What do "tachionic" neutrinos mean for QG? Reading about the spectacular Opera claim, I`m (again ;-P) wondering if a confirmation of superliminous neutrinos could help settle some still open quantum gravity issues ...?
In this post, Lumo explains why tachyons should better be bosonic if they exist, making use, among other things, of some string theoretical considerations.
So what would a confirmation of the claim mean for string theory?
On the other hand, would a confirmation of superluminal neutrinos and a corresponding incompleteness of GR (and allowance to violate Lorenz Invariance?) lend some "updraft" to other QG theories like LQG, spin foams, spin networks etc or even provide some positive hint of them?
 A: For this post I will assume that the observation of neutrinos faster than light is accurate and not further mention this assumption below.
Of the particles whose speeds have been accurately measured, the neutrino is unique in that it does not participate in electromagnetic interactions. The graviton also does not participate in electromagnetic interactions and so we might expect its velocity to also exceed that of light. This has immediate impact on quantum gravity and would open up a wide range of new theories.

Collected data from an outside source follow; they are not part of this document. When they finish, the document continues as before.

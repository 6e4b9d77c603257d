-- ===== src/Pci/Settings.antt =====
-- pci.c: what `PCIEV_PCI_INIT` writes to the configuration space before it makes the bus. A
-- constant of linux/pci_regs.h stands as the number that the PCI specification gives it.
use praid.Common.{ℕ, ◌+◌, ◌/◌, ◌^◌, List, [], ◌∷◌}
use praid.Device.Word.{Memory}
use praid.Pci.Field.{Field, set_field}
use praid.Pci.Layout.{
  pcihdr, pmcap, msixcap, pciecap, extcap, offs_pci_pm_cap, offs_pci_msix_cap, offs_pcie_cap,
  pci_cfg_space_size,
}
use Prim.Native.Nat.{bit_and}

-- Assignments to members, in order.
unfoldable pub assign : List (Field × ℕ) → Memory → Memory
assign [] m = m
assign ((f, v) ∷ rest) m = assign rest (set_field f v m)

-- pciev.h and device.h.
abbrev pub pciev_device_id : ℕ
pciev_device_id = 0x0110

abbrev pub pciev_vendor_id : ℕ
pciev_vendor_id = 0x0c51

abbrev pciev_subsystem_id : ℕ
pciev_subsystem_id = 0x370d

abbrev pub pciev_intx_irq : ℕ
pciev_intx_irq = 15

abbrev pub pci_header_settings : ℕ → List (Field × ℕ)
pci_header_settings base_pa =
    (pcihdr 0 1, pciev_device_id)
    ∷ (pcihdr 0 0, pciev_vendor_id)
    ∷ (pcihdr 1 1, 1)
    ∷ (pcihdr 2 2, 1)
    ∷ (pcihdr 7 1, 0)
    ∷ (pcihdr 7 0, 0)
    ∷ (pcihdr 3 0, 0x01)
    ∷ (pcihdr 4 2, 0x00)
    ∷ (pcihdr 4 1, 0x00)
    ∷ (pcihdr 4 0, 0x00)
    ∷ (pcihdr 9 1, 0x04 / 2 ^ 1)
    ∷ (pcihdr 9 4, bit_and base_pa 0xFFFFFFFF / 2 ^ 14)
    ∷ (pcihdr 10 0, base_pa / 2 ^ 32)
    ∷ (pcihdr 16 1, pciev_subsystem_id)
    ∷ (pcihdr 16 0, pciev_vendor_id)
    ∷ (pcihdr 17 0, 0x0)
    ∷ (pcihdr 18 0, offs_pci_pm_cap)
    ∷ (pcihdr 20 1, 0)
    ∷ (pcihdr 20 0, pciev_intx_irq)
    ∷ []

abbrev pub pci_pmcap_settings : List (Field × ℕ)
pci_pmcap_settings =
    (pmcap 0 0, 0x01)
    ∷ (pmcap 0 1, offs_pci_msix_cap)
    ∷ (pmcap 1 0, 3)
    ∷ (pmcap 2 0, 0x0800 / 2 ^ 16)
    ∷ []

abbrev pub pci_msixcap_settings : List (Field × ℕ)
pci_msixcap_settings =
    (msixcap 0 0, 0x11)
    ∷ (msixcap 0 1, offs_pcie_cap)
    ∷ (msixcap 1 0, 127)
    ∷ (msixcap 1 3, 1)
    ∷ (msixcap 2 0, 0)
    ∷ (msixcap 2 1, 0x400)
    ∷ (msixcap 3 0, 0)
    ∷ (msixcap 3 1, 0x1000)
    ∷ []

-- `ver` is set to PCI_EXP_FLAGS, which is 2.
abbrev pub pci_pciecap_settings : List (Field × ℕ)
pci_pciecap_settings =
    (pciecap 0 0, 0x10)
    ∷ (pciecap 0 1, 0x0)
    ∷ (pciecap 1 0, 2)
    ∷ (pciecap 1 3, 0)
    ∷ (pciecap 1 1, 0)
    ∷ (pciecap 2 0, 1)
    ∷ (pciecap 2 1, 0)
    ∷ (pciecap 2 2, 1)
    ∷ (pciecap 2 3, 6)
    ∷ (pciecap 2 4, 2)
    ∷ (pciecap 2 6, 1)
    ∷ (pciecap 2 8, 0)
    ∷ (pciecap 2 9, 0)
    ∷ (pciecap 2 10, 1)
    ∷ []

abbrev pub pci_extcap_settings : List (Field × ℕ)
pci_extcap_settings =
    (extcap 0 0, 0x01)
    ∷ (extcap 0 1, 1)
    ∷ (extcap 0 2, pci_cfg_space_size + 0x50)
    ∷ (extcap 0x50 0, 0x02)
    ∷ (extcap 0x50 1, 1)
    ∷ (extcap 0x50 2, pci_cfg_space_size + 0x80)
    ∷ (extcap 0x80 0, 0x04)
    ∷ (extcap 0x80 1, 1)
    ∷ (extcap 0x80 2, pci_cfg_space_size + 0x90)
    ∷ (extcap 0x90 0, 0x0e)
    ∷ (extcap 0x90 1, 1)
    ∷ (extcap 0x90 2, pci_cfg_space_size + 0x170)
    ∷ (extcap 0x170 0, 0x03)
    ∷ (extcap 0x170 1, 1)
    ∷ (extcap 0x170 2, pci_cfg_space_size + 0x1a0)
    ∷ (extcap 0x1a0 0, 0x19)
    ∷ (extcap 0x1a0 1, 1)
    ∷ (extcap 0x1a0 2, 0)
    ∷ []

-- The five calls at the head of `PCIEV_PCI_INIT`.
unfoldable pub pci_settings : ℕ → Memory → Memory
unfolding assign
pci_settings base_pa virt_dev = assign pci_extcap_settings (
    assign pci_pciecap_settings (
      assign pci_msixcap_settings
        (assign pci_pmcap_settings (assign (pci_header_settings base_pa) virt_dev))))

Since neutrinos can be used to send a signal, their moving faster than light destroys the relationship between causality and arbitrary reference frames which forms an important part of the special theory of relativity. To get causality to function again, we have to choose one reference frame as the preferred one and then let that reference frame define causality for all others. This variation of the special theory of relativity is sometimes called "Lorentzian Relativity" or "neo-Lorentzian Relativity" or "Lorentz Ether Theory", and has been explored by fringe physicists for most of the last 100 years.
The presence of a preferred reference frame in the special theory of relativity implies that one must also be present in general relativity. This makes theories that assume a "background metric" more interesting. Of such theories, my favorite is the one found by the Cambridge Geometric Algebra Research Group. For example, see Gravity, Gauge Theories and Geometric Algebra, Anthony Lasenby, Chris Doran, Stephen Gull, Phil. Trans. R. Soc. Lond. A 356, 487-582 (1998). This theory gives the observable predictions of GR exactly, but avoids wormholes and other topological things as it is built on a flat background metric. Rather than tensors, it uses the gamma matrices used in the rest of particle physics.
In terms of the damage to relativity as compared to the damage to quantum mechanics, an accepted observation of superluminal neutrinos would be more damaging to relativity. So I would think that the general effect on quantum gravity would be to make it more quantum and less (traditional) gravity.